→ **TASK**: Every line of the entries below that mentions "filename" is to be copied out.

→ **RECORDS FOR THE TASK**:
═══
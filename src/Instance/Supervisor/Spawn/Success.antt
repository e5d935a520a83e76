-- ===== src/Instance/Supervisor/Spawn/Success.antt =====
-- When a Spawn succeeds, and what it leaves then.
use copilot_pool_gateway.Base.{
  ℕ, ◌≤◌, String, ◌≡◌, refl, ap, ◌∙◌, Bool, true, false, none, some, arith, ◌==◌, if◌then◌else◌,
  trim,
}
use copilot_pool_gateway.Base.StringMap.{get, put, get-put}
use copilot_pool_gateway.Instance.Supervisor.Spawn.Outcomes.{get-put_self}
use copilot_pool_gateway.Instance.Ports.{PortPool, ok, select_port}
use copilot_pool_gateway.Instance.Ports.Laws.{select_port-Granted, select_port_total}
use copilot_pool_gateway.Instance.Supervisor.{Supervisor, Worker, ready, home_for}
use copilot_pool_gateway.Instance.Supervisor.Invariant.{IsConsistent}
use copilot_pool_gateway.Instance.Supervisor.Spawn.{
  Launch, opened, answers, new_entry, persist_on_ready, await_ready, start_child, prepare,
  spawn_unless_live, spawn, finish_ready, with_token,
}

abbrev ready_worker : Supervisor → String → ℕ → ℕ → ℕ → Worker
ready_worker s id port pid now = record {
  entry = record (new_entry s id port pid now) { status = ready };
  adopted = false;
}

start_child_ok :
    (l : Launch) (id : String) (s : Supervisor) (port pid : ℕ) (ports : PortPool)
    → l.pid ≡ some pid
    → l.probe ≡ answers
    → (j : String)
    → ((start_child l id s (ok (port, ports))).0
        ≡ ok (ready_worker s id port pid l.started_at).entry)
      × (get (start_child l id s (ok (port, ports))).1.workers j
          ≡ (if id == j then some (ready_worker s id port pid l.started_at) else get s.workers j))
unfolding start_child persist_on_ready
start_child_ok l id s port pid ports started probe j =
    let w : Worker = record { entry = new_entry s id port pid l.started_at; adopted = false } in
    rw (started, probe, start_child, await_ready, get-put_self s.workers id w, finish_ready)
      (
        refl,
        ground (
          arith,
          get-put (put s.workers id w) id j (ready_worker s id port pid l.started_at),
          get-put s.workers id j w,
        ),
      )

if_false : {A : Type 0} (b : Bool) (x y : A) → b ≡ false → (if b then x else y) ≡ y
if_false b x y e = rw e

-- A spawn that passes its checks is what follows them.
spawns :
    (l : Launch) (id token : String) (preferred : ℕ) (s : Supervisor) (port : ℕ) (ports : PortPool)
    → (trim id == "") ≡ false
    → s.closed ≡ false
    → get s.workers id ≡ none
    → l.files ≡ opened
    → select_port l.bindable preferred s.ports ≡ ok (port, ports)
    → spawn l id token preferred s ≡ start_child l id (with_token id token s) (ok (port, ports))
unfolding spawn
spawns l id token preferred s port ports named opens missing files e =
    if_false (trim id == "") _ _ named
    ∙ if_false s.closed _ _ opens
    ∙ ap (λ o. spawn_unless_live o l id token preferred s) missing
    ∙ unfold spawn_unless_live in
      ap (λ f. prepare f l id token preferred s) files
      ∙ unfold prepare in ap (start_child l id (with_token id token s)) e

-- A Spawn succeeds, for an account with a name and without a worker, on an open and consistent
-- supervisor that has a free port which can be bound, if the files are written, the child starts
-- and its probe answers. The account then has a ready worker of that process, on a port that was
-- free; every other account has the worker that it had.
pub spawn_succeeds :
    (l : Launch) (id token : String) (preferred q pid : ℕ) (s : Supervisor)
    → IsConsistent s
    → (trim id == "") ≡ false
    → s.closed ≡ false
    → get s.workers id ≡ none
    → l.files ≡ opened
    → l.pid ≡ some pid
    → l.probe ≡ answers
    → s.ports.start ≤ q
    → q ≤ s.ports.end
    → s.ports.allocated q ≡ false
    → l.bindable q ≡ true
    → (j : String)
    → (port : ℕ) × (s.ports.allocated port ≡ false)
      × (let w : Worker = record {
        entry = record (new_entry s id port pid l.started_at) { status = ready };
        adopted = false;
      } in
          ((spawn l id token preferred s).0 ≡ ok w.entry)
          × (get (spawn l id token preferred s).1.workers j
              ≡ (if id == j then some w else get s.workers j)))
unfolding home_for
spawn_succeeds l id token preferred q pid s c named opens missing files started probe a b free binds
      j =
    let (port, ports, e) = select_port_total l.bindable preferred q s.ports a b free binds in
    (
      port,
      (select_port-Granted l.bindable preferred s.ports port ports c.proper e).was_free,
      rw (spawns l id token preferred s port ports named opens missing files e)
          (start_child_ok l id (with_token id token s) port pid ports started probe j),
    )
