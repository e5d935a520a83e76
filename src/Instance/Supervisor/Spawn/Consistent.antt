-- ===== src/Instance/Supervisor/Spawn/Consistent.antt =====
-- Spawn and Restart keep the invariant.
use copilot_pool_gateway.Base.{
  ℕ, String, ◌≡◌, refl, Bool, true, false, Option, none, some, arith, ◌==◌, if◌then◌else◌, eqb_iff,
  trim, inl, inr, Option-cases,
}
use copilot_pool_gateway.Base.StringMap.{get}
use copilot_pool_gateway.Instance.Ports.{
  PortPool, Outcome, ok, err, unknown_account, release, select_port,
}
use copilot_pool_gateway.Instance.Ports.Laws.{Granted, select_port-Granted}
use copilot_pool_gateway.Instance.Supervisor.{Supervisor, Worker, ready, with_status}
use copilot_pool_gateway.Instance.Supervisor.Invariant.{
  IsConsistent, register-IsConsistent, mark_start_timeout-IsConsistent, stop-IsConsistent,
  put_same-IsConsistent,
}
use copilot_pool_gateway.Instance.Supervisor.Stop.{Exit, exits, stop}
use copilot_pool_gateway.Instance.Supervisor.Spawn.{
  Launch, Files, no_home, no_token, no_log, opened, Probe, answers, times_out, fails,
  persist_on_ready, await_ready, start_child, prepare, spawn_unless_live, spawn, restart,
  finish_ready, with_token, respawn,
}

-- The disk and the homes do not matter to the invariant.
pub same_table-IsConsistent :
    (s t : Supervisor) → t.workers ≡ s.workers → t.ports ≡ s.ports → IsConsistent s → IsConsistent t
same_table-IsConsistent s t ws ps c = record {
  distinct = rw ws c.distinct;
  apart = rw ws c.apart;
  named = rw ws c.named;
  proper = rw ps c.proper;
  owned = rw (ws, ps) c.owned;
  above = rw ps c.above;
  below = rw ps c.below;
}

finish_ready-IsConsistent :
    (id : String) (o : Option Worker) (s : Supervisor)
    → get s.workers id ≡ o
    → IsConsistent s
    → IsConsistent (finish_ready id o s).1
unfolding persist_on_ready
finish_ready-IsConsistent id none s e c = same_table-IsConsistent s _ refl refl c
finish_ready-IsConsistent id (some w) s e c =
    same_table-IsConsistent _ _ refl refl
      (put_same-IsConsistent s id w (with_status ready w) c e refl refl)

await_ready-IsConsistent :
    (probe : Probe) (id : String) (s : Supervisor)
    → IsConsistent s
    → IsConsistent (await_ready probe id s).1
unfolding await_ready
await_ready-IsConsistent answers id s c = finish_ready-IsConsistent id _ s refl c
await_ready-IsConsistent (times_out cause) id s c =
    stop-IsConsistent exits id _ (mark_start_timeout-IsConsistent id (some cause) s c)
await_ready-IsConsistent (fails cause) id s c =
    stop-IsConsistent exits id _ (mark_start_timeout-IsConsistent id (some cause) s c)

-- A port that is granted and given back leaves the invariant.
pub released-IsConsistent :
    (s : Supervisor) (bindable : ℕ → Bool) (port : ℕ) (ports : PortPool)
    → IsConsistent s
    → Granted bindable s.ports port ports
    → IsConsistent (record s { ports = release port ports })
unfolding release
released-IsConsistent s bindable port ports c g = record {
  distinct = c.distinct;
  apart = c.apart;
  named = c.named;
  proper = ground (arith, c.proper, g.same_start, g.same_end);
  owned = λ p. ground (arith, g.marks p, c.owned p, g.was_free, eqb_iff port p);
  above = λ p h. ground (arith, g.marks p, c.above p, g.same_start);
  below = λ p h. ground (arith, g.marks p, c.below p, g.same_end);
}

module _ (l : Launch) (id : String) (s : Supervisor) (c : IsConsistent s)
    (new : get s.workers id ≡ none) where
  start_child-IsConsistent :
      (r : Outcome (ℕ × PortPool))
      → ((port : ℕ) (ports : PortPool)
          → r ≡ ok (port, ports)
          → Granted l.bindable s.ports port ports)
      → IsConsistent (start_child l id s r).1
  unfolding start_child
  start_child-IsConsistent (err e) g = c
  start_child-IsConsistent (ok (port, ports)) g = elim (Option-cases l.pid) [
    | inl e ↦
        rw (e, start_child) (released-IsConsistent s l.bindable port ports c (g port ports refl))
    | inr (pid, e) ↦
        rw (e, start_child)
          (await_ready-IsConsistent l.probe id _
            (register-IsConsistent s l.bindable id _ ports c new refl (g port ports refl)))
  ]

prepare-IsConsistent :
    (l : Launch) (id : String) (s : Supervisor)
    → IsConsistent s
    → get s.workers id ≡ none
    → (files : Files) (token : String) (preferred : ℕ)
    → IsConsistent (prepare files l id token preferred s).1
unfolding prepare
prepare-IsConsistent l id s c new no_home token preferred = c
prepare-IsConsistent l id s c new no_token token preferred = c
prepare-IsConsistent l id s c new no_log token preferred = same_table-IsConsistent s _ refl refl c
prepare-IsConsistent l id s c new opened token preferred =
    start_child-IsConsistent l id (with_token id token s) (same_table-IsConsistent s _ refl refl c)
      new (select_port l.bindable preferred s.ports)
      (λ port ports e. select_port-Granted l.bindable preferred s.ports port ports c.proper e)

spawn_unless_live-IsConsistent :
    (o : Option Worker) (l : Launch) (id token : String) (preferred : ℕ) (s : Supervisor)
    → get s.workers id ≡ o
    → IsConsistent s
    → IsConsistent (spawn_unless_live o l id token preferred s).1
unfolding spawn_unless_live
spawn_unless_live-IsConsistent none l id token preferred s e c =
    prepare-IsConsistent l id s c e l.files token preferred
spawn_unless_live-IsConsistent (some w) l id token preferred s e c = c

pub if-IsConsistent :
    {A : Type 0} (b : Bool) (x y : A × Supervisor)
    → IsConsistent x.1
    → IsConsistent y.1
    → IsConsistent (if b then x else y).1
if-IsConsistent true x y cx cy = cx
if-IsConsistent false x y cx cy = cy

-- Starting a worker keeps the invariant on every branch: whatever fails, no port stays allocated
-- without a worker, and no worker without its port.
pub spawn-IsConsistent :
    (l : Launch) (id token : String) (preferred : ℕ) (s : Supervisor)
    → IsConsistent s
    → IsConsistent (spawn l id token preferred s).1
unfolding spawn
spawn-IsConsistent l id token preferred s c = if-IsConsistent (trim id == "") _ _ c (
    if-IsConsistent s.closed _ _ c (spawn_unless_live-IsConsistent _ l id token preferred s refl c))

respawn-IsConsistent :
    (l : Launch) (id token : String) (r : Outcome (Unit {0})) (s : Supervisor)
    → IsConsistent s
    → IsConsistent (respawn l id token (r, s)).1
respawn-IsConsistent l id token (ok _) s c = spawn-IsConsistent l id token 0 s c
respawn-IsConsistent l id token (err unknown_account) s c = spawn-IsConsistent l id token 0 s c
respawn-IsConsistent l id token (err _) s c = c

pub restart-IsConsistent :
    (outcome : Exit) (l : Launch) (id token : String) (s : Supervisor)
    → IsConsistent s
    → IsConsistent (restart outcome l id token s).1
unfolding restart
restart-IsConsistent outcome l id token s c =
    respawn-IsConsistent l id token (stop outcome id s).0 _ (stop-IsConsistent outcome id s c)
═══
→ **TASK ANSWER**:
filename src/Instance/Supervisor/Spawn/Success.antt
filename src/Instance/Supervisor/Spawn/Consistent.antt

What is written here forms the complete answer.